● What you will do:
Only the lines from the opening of the material through the one containing "receive op payload c" should be reproduced, each exactly as it stands.

======== Material provided

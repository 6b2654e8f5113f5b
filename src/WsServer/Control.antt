-- ===== src/WsServer/Control.antt =====
-- websocket/server_ws.hpp: the control frames that a client sends: ping, pong and close.
use juce_simpleweb.Prelude.{
  ℕ, ◌+◌, ◌%◌, ◌<◌, ◌≡◌, ◌≢◌, ap, ◌∙◌, Bool, true, false, Option, none, some, [], ◌++◌, arith,
  length, Bytes, ◌>>=◌, ne→==_false,
}
use juce_simpleweb.Frame.{size_t_mod, client_frame}
use juce_simpleweb.SendQueue.{SendQueue, enqueue}
use juce_simpleweb.WsServer.{
  InMessage, Frame, no_read, read_head, Event, pinged, ponged, closes, Connection, timer_for,
  close_message, told, notify, set_timeout, cancel_timeout, send,
}
use juce_simpleweb.WsServer.Reader.{
  read_message, handle_frame, target, is_fragment, is_final, opcode, refuse, close_status,
  close_reason,
}
use juce_simpleweb.WsServer.Transport.{Delivers, Delivers-client_frame, Fits, ready, receive, four}
use juce_simpleweb.WsServer.Messages.{Sent, frame_of}
use juce_simpleweb.WsServer.Limits.{frame_for, send-queues, refuse-Refused, Answer}
use juce_simpleweb.SendQueue.Total.{enqueue-total}

-- A control frame is never a fragment, so its content goes to a message of its own.
control-own :
    (op : ℕ) (kept : Option InMessage) (n : ℕ)
    → is_final op ≡ true
    → opcode op ≢ 0
    → target op n kept ≡ record { fin_rsv_opcode = op; length = n; streambuf = [] }
unfolding target
control-own op none n f a = rw (f, ne→==_false _ _ a)
control-own op (some m) n f a = rw (f, ne→==_false _ _ a)

control-apart : (op : ℕ) → is_final op ≡ true → opcode op ≢ 0 → is_fragment op ≡ false
control-apart op f a = rw (f, ne→==_false _ _ a)

receive-control :
    (op : ℕ) (payload : Bytes) (c : Connection)
    → is_final op ≡ true
    → opcode op ≢ 0
    → receive op payload c
      ≡ handle_frame op
          (length payload)
          (record { fin_rsv_opcode = op; length = length payload; streambuf = payload })
          c
unfolding receive
receive-control op payload c f a =
    rw (control-own op c.fragmented_in_message (length payload) f a, control-apart op f a)

handle_frame-ping :
    (op n : ℕ) (m : InMessage) (c : Connection)
    → opcode op ≡ 9
    → handle_frame op n m c ≡ (
        send m.streambuf none ((op + 1) % 256) c >>= λ c'.
        some (read_message (notify c.handlers.on_ping pinged c')))
unfolding handle_frame
handle_frame-ping op n m c o = rw o

handle_frame-pong :
    (op n : ℕ) (m : InMessage) (c : Connection)
    → opcode op ≡ 10
    → handle_frame op n m c ≡ some (read_message (notify c.handlers.on_pong ponged c))
unfolding handle_frame
handle_frame-pong op n m c o = rw o

handle_frame-close :
    (op n : ℕ) (m : InMessage) (c : Connection)
    → opcode op ≡ 8
    → handle_frame op n m c ≡ refuse (close_status n m.streambuf) (close_reason n m.streambuf) c
unfolding handle_frame
handle_frame-close op n m c o = rw o

-- The connection after a ping or a pong: the queue is `q`, and it reads again.
abbrev pub after_control : Event → Bool → SendQueue Frame → Connection → Connection
after_control e is_set q c = record c {
  queue = q;
  timer = timer_for c.timeout_idle;
  reading = read_head;
  log = c.log ++ told is_set e;
}

receive_ping :
    (op : ℕ) (payload : Bytes) (c : Connection) (q : SendQueue Frame)
    → is_final op ≡ true
    → opcode op ≡ 9
    → enqueue (frame_for ((op + 1) % 256) payload) none c.queue ≡ some q
    → receive op payload (ready c) ≡ some (after_control pinged c.handlers.on_ping q c)
unfolding read_message set_timeout cancel_timeout
receive_ping op payload c q f o e =
    receive-control op payload (ready c) f (λ z. omega arith)
    ∙ handle_frame-ping op (length payload) _ (ready c) o
    ∙ rw (send-queues payload none ((op + 1) % 256) (ready c) q e)

-- A final ping frame of a client, of a size that fits, read by a connection that waits for a
-- frame, is answered: one frame is queued, with the opcode byte one higher, which is that of a
-- pong, and the very bytes of the ping. on_ping is told if it is set, the kept fragments stay,
-- and the connection reads on.
pub Delivers-ping :
    (op : ℕ) (s : Sent) (c : Connection)
    → c.reading ≡ read_head
    → is_final op ≡ true
    → op < 256
    → opcode op ≡ 9
    → length s.payload + 4 < size_t_mod
    → Fits (length s.payload) c
    → (q : SendQueue Frame) × (enqueue (frame_for (op + 1) s.payload) none c.queue ≡ some q)
      × (opcode (op + 1) ≡ 10)
      × Delivers c (frame_of op s) (after_control pinged c.handlers.on_ping q c)
Delivers-ping op s c r f b o h k =
    let (q, e) = enqueue-total (frame_for ((op + 1) % 256) s.payload) none c.queue in
    (
      q,
      ap (λ p. enqueue (frame_for p s.payload) none c.queue) same ∙ e,
      omega arith,
      Delivers-client_frame op s.m0 s.m1 s.m2 s.m3 s.payload c _ r h k
          (receive_ping op s.payload c q f o e),
    )
  where
    same : op + 1 ≡ (op + 1) % 256
    same = omega arith

receive_pong :
    (op : ℕ) (payload : Bytes) (c : Connection)
    → is_final op ≡ true
    → opcode op ≡ 10
    → receive op payload (ready c) ≡ some (after_control ponged c.handlers.on_pong c.queue c)
unfolding read_message set_timeout cancel_timeout
receive_pong op payload c f o =
    receive-control op payload (ready c) f (λ z. omega arith)
    ∙ handle_frame-pong op (length payload) _ (ready c) o

-- A final pong frame of a client, of a size that fits, read by a connection that waits for a
-- frame, is told to on_pong if that is set; no frame is queued, the kept fragments stay, and
-- the connection reads on.
pub Delivers-pong :
    (op : ℕ) (s : Sent) (c : Connection)
    → c.reading ≡ read_head
    → is_final op ≡ true
    → opcode op ≡ 10
    → length s.payload + 4 < size_t_mod
    → Fits (length s.payload) c
    → Delivers c (frame_of op s) (after_control ponged c.handlers.on_pong c.queue c)
Delivers-pong op s c r f o h k =
    Delivers-client_frame op s.m0 s.m1 s.m2 s.m3 s.payload c _ r h k
      (receive_pong op s.payload c f o)

status-close_message :
    (status : ℕ) (reason : Bytes)
    → status < 65536
    → close_status (length (close_message status reason)) (close_message status reason) ≡ status
status-close_message status reason b = ground (arith)

reason-close_message :
    (status : ℕ) (reason : Bytes)
    → close_reason (length (close_message status reason)) (close_message status reason) ≡ reason
reason-close_message status reason = ground (arith)

receive_close :
    (op status : ℕ) (reason : Bytes) (c d : Connection)
    → is_final op ≡ true
    → opcode op ≡ 8
    → status < 65536
    → refuse status reason (ready c) ≡ some d
    → receive op (close_message status reason) (ready c) ≡ some d
receive_close op status reason c d f o b e =
    let message = close_message status reason in
    receive-control op (close_message status reason) (ready c) f (λ z. omega arith)
    ∙ handle_frame-close op (length (close_message status reason)) _ (ready c) o
    ∙ ap (λ r. refuse (close_status (length message) message) r (ready c))
        (reason-close_message status reason)
    ∙ ap (λ n. refuse n reason (ready c)) (status-close_message status reason b)
    ∙ e

-- A final close frame of a client that carries a status of 16 bits and a reason, of a size that
-- fits, read by a connection that waits for a frame: on_close is told that status and that
-- reason if it is set, the connection leaves its endpoint and starts no further read. A close
-- frame with the status and the reason is queued, unless one was sent before; then the queue
-- stays.
pub Delivers-close :
    (op status m0 m1 m2 m3 : ℕ) (reason : Bytes) (c : Connection)
    → c.reading ≡ read_head
    → is_final op ≡ true
    → opcode op ≡ 8
    → status < 65536
    → length reason + 6 < size_t_mod
    → Fits (length reason + 2) c
    → (d : Connection) × Delivers c
        (client_frame op (four m0 m1 m2 m3) (close_message status reason))
        d
      × (d.closed ≡ true)
      × (d.joined ≡ false)
      × (d.reading ≡ no_read)
      × (d.log ≡ c.log ++ told c.handlers.on_close (closes status reason))
      × Answer (close_message status reason) c d
unfolding cancel_timeout set_timeout
Delivers-close op status m0 m1 m2 m3 reason c r f o b h k =
    let message = close_message status reason in
    let (d, e, g) = refuse-Refused status reason (ready c) in
    (
      d,
      Delivers-client_frame op m0 m1 m2 m3 message c d r (omega arith) (omega arith, omega arith)
          (receive_close op status reason c d f o b e),
      g.is_closed,
      g.left,
      g.reads_on,
      g.on_close,
      g.answer,
    )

================

● Task result:
repository 6b2654e8f5113f5b
filename src/WsServer/Control.antt
-- ===== src/WsServer/Control.antt =====
-- websocket/server_ws.hpp: the control frames that a client sends: ping, pong and close.
use juce_simpleweb.Prelude.{
  ℕ, ◌+◌, ◌%◌, ◌<◌, ◌≡◌, ◌≢◌, ap, ◌∙◌, Bool, true, false, Option, none, some, [], ◌++◌, arith,
  length, Bytes, ◌>>=◌, ne→==_false,
}
use juce_simpleweb.Frame.{size_t_mod, client_frame}
use juce_simpleweb.SendQueue.{SendQueue, enqueue}
use juce_simpleweb.WsServer.{
  InMessage, Frame, no_read, read_head, Event, pinged, ponged, closes, Connection, timer_for,
  close_message, told, notify, set_timeout, cancel_timeout, send,
}
use juce_simpleweb.WsServer.Reader.{
  read_message, handle_frame, target, is_fragment, is_final, opcode, refuse, close_status,
  close_reason,
}
use juce_simpleweb.WsServer.Transport.{Delivers, Delivers-client_frame, Fits, ready, receive, four}
use juce_simpleweb.WsServer.Messages.{Sent, frame_of}
use juce_simpleweb.WsServer.Limits.{frame_for, send-queues, refuse-Refused, Answer}
use juce_simpleweb.SendQueue.Total.{enqueue-total}

-- A control frame is never a fragment, so its content goes to a message of its own.
control-own :
    (op : ℕ) (kept : Option InMessage) (n : ℕ)
    → is_final op ≡ true
    → opcode op ≢ 0
    → target op n kept ≡ record { fin_rsv_opcode = op; length = n; streambuf = [] }
unfolding target
control-own op none n f a = rw (f, ne→==_false _ _ a)
control-own op (some m) n f a = rw (f, ne→==_false _ _ a)

control-apart : (op : ℕ) → is_final op ≡ true → opcode op ≢ 0 → is_fragment op ≡ false
control-apart op f a = rw (f, ne→==_false _ _ a)

receive-control :
    (op : ℕ) (payload : Bytes) (c : Connection)
    → is_final op ≡ true
    → opcode op ≢ 0
    → receive op payload c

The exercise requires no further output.